(What is needed) Every line in the data below from the one containing "-- common/libc/string, the" down to the one containing "pub strlen : ℕ → ℕ → (ℕ → ℕ) → Result ℕ", both included, must be retyped exactly; no other line is to appear.

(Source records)
______________________________

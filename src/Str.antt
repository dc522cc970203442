-- ===== src/Str.antt =====
-- common/libc/string, the functions on strings, and `kstrdup` of kern/lib/misc.c. A string begins at an address
-- of memory and ends at its first 0; a search has `rounds` rounds at most.
use sdp_project_c.Common.{
  ℕ, zero, suc, ◌+◌, Bool, true, false, not, ◌&&◌, Option, none, some, Result, ok, err, ◌>>=◌,
  endless, ltb, ◌==◌, if◌then◌else◌, update, u8,
}
pub mod Length
pub mod Order
pub mod Search
mod Tests

pub strlen_loop : ℕ → ℕ → ℕ → (ℕ → ℕ) → Result ℕ
strlen_loop zero str ret m = err endless
strlen_loop (suc rounds) str ret m = elim (m (str + ret) == 0) [
  | true ↦ ok ret
  | false ↦ strlen_loop rounds str (ret + 1) m
]

pub strlen : ℕ → ℕ → (ℕ → ℕ) → Result ℕ
unfolding strlen_loop
strlen rounds str m = strlen_loop rounds str 0 m

pub strcpy_loop : ℕ → ℕ → ℕ → ℕ → (ℕ → ℕ) → Result (ℕ → ℕ)
strcpy_loop zero dest src i m = err endless
strcpy_loop (suc rounds) dest src i m = elim (m (src + i) == 0) [
  | true ↦ ok (update m (dest + i) 0)
  | false ↦ strcpy_loop rounds dest src (i + 1) (update m (dest + i) (m (src + i)))
]

pub strcpy : ℕ → ℕ → ℕ → (ℕ → ℕ) → Result (ℕ → ℕ)
unfolding strcpy_loop
strcpy rounds dest src m = strcpy_loop rounds dest src 0 m

pub strcat : ℕ → ℕ → ℕ → (ℕ → ℕ) → Result (ℕ → ℕ)
unfolding strlen strcpy
strcat rounds dest src m = do offset ← strlen rounds dest m; strcpy rounds (dest + offset) src m

-- `kstrdup`; `kmalloc` gives an address for a size, or 0. What the heap writes there is left out.
pub kstrdup : (ℕ → ℕ) → ℕ → ℕ → (ℕ → ℕ) → Result (Option ℕ × (ℕ → ℕ))
unfolding strlen strcpy
kstrdup kmalloc rounds s m = do
  len ← strlen rounds s m
  if kmalloc (len + 1) == 0
      then ok (none, m)
      else (do m' ← strcpy rounds (kmalloc (len + 1)) s m; ok (some (kmalloc (len + 1)), m'))

-- -1
abbrev pub minus_one : ℕ
minus_one = 0xffff_ffff

pub strcmp_loop : ℕ → ℕ → ℕ → ℕ → (ℕ → ℕ) → Result ℕ
strcmp_loop zero a b i m = err endless
strcmp_loop (suc rounds) a b i m = elim (not (m (a + i) == 0) && m (a + i) == m (b + i)) [
  | true ↦ strcmp_loop rounds a b (i + 1) m
  | false ↦ ok i
]

pub strcmp : ℕ → ℕ → ℕ → (ℕ → ℕ) → Result ℕ
unfolding strcmp_loop
strcmp rounds a b m = do
  i ← strcmp_loop rounds a b 0 m
  ok (if ltb (m (b + i)) (m (a + i)) then 1 else (if m (a + i) == m (b + i) then 0 else minus_one))

pub strchr_loop : ℕ → ℕ → ℕ → (ℕ → ℕ) → Result (Option ℕ)
strchr_loop zero s ch m = err endless
strchr_loop (suc rounds) s ch m = elim (m s == 0) [
  | true ↦ ok (if m s == ch then some s else none)
  | false ↦ elim (m s == ch) [ true ↦ ok (some s) | false ↦ strchr_loop rounds (s + 1) ch m ]
]

pub strchr : ℕ → ℕ → ℕ → (ℕ → ℕ) → Result (Option ℕ)
unfolding strchr_loop
strchr rounds s ch_arg m = strchr_loop rounds s (u8 ch_arg) m

pub strrchr_loop : ℕ → ℕ → ℕ → (ℕ → ℕ) → Option ℕ
strrchr_loop zero s ch m = none
strrchr_loop (suc i) s ch m = elim (m (s + i) == ch) [
  | true ↦ some (s + i)
  | false ↦ strrchr_loop i s ch m
]

pub strrchr : ℕ → ℕ → ℕ → (ℕ → ℕ) → Result (Option ℕ)
unfolding strlen strrchr_loop
strrchr rounds s ch_arg m = do len ← strlen rounds s m; ok (strrchr_loop (len + 1) s (u8 ch_arg) m)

______________________________

(Task result)
-- common/libc/string, the functions on strings, and `kstrdup` of kern/lib/misc.c. A string begins at an address
-- of memory and ends at its first 0; a search has `rounds` rounds at most.
use sdp_project_c.Common.{
  ℕ, zero, suc, ◌+◌, Bool, true, false, not, ◌&&◌, Option, none, some, Result, ok, err, ◌>>=◌,
  endless, ltb, ◌==◌, if◌then◌else◌, update, u8,
}
pub mod Length
pub mod Order
pub mod Search
mod Tests

pub strlen_loop : ℕ → ℕ → ℕ → (ℕ → ℕ) → Result ℕ
strlen_loop zero str ret m = err endless
strlen_loop (suc rounds) str ret m = elim (m (str + ret) == 0) [
  | true ↦ ok ret
  | false ↦ strlen_loop rounds str (ret + 1) m
]

pub strlen : ℕ → ℕ → (ℕ → ℕ) → Result ℕ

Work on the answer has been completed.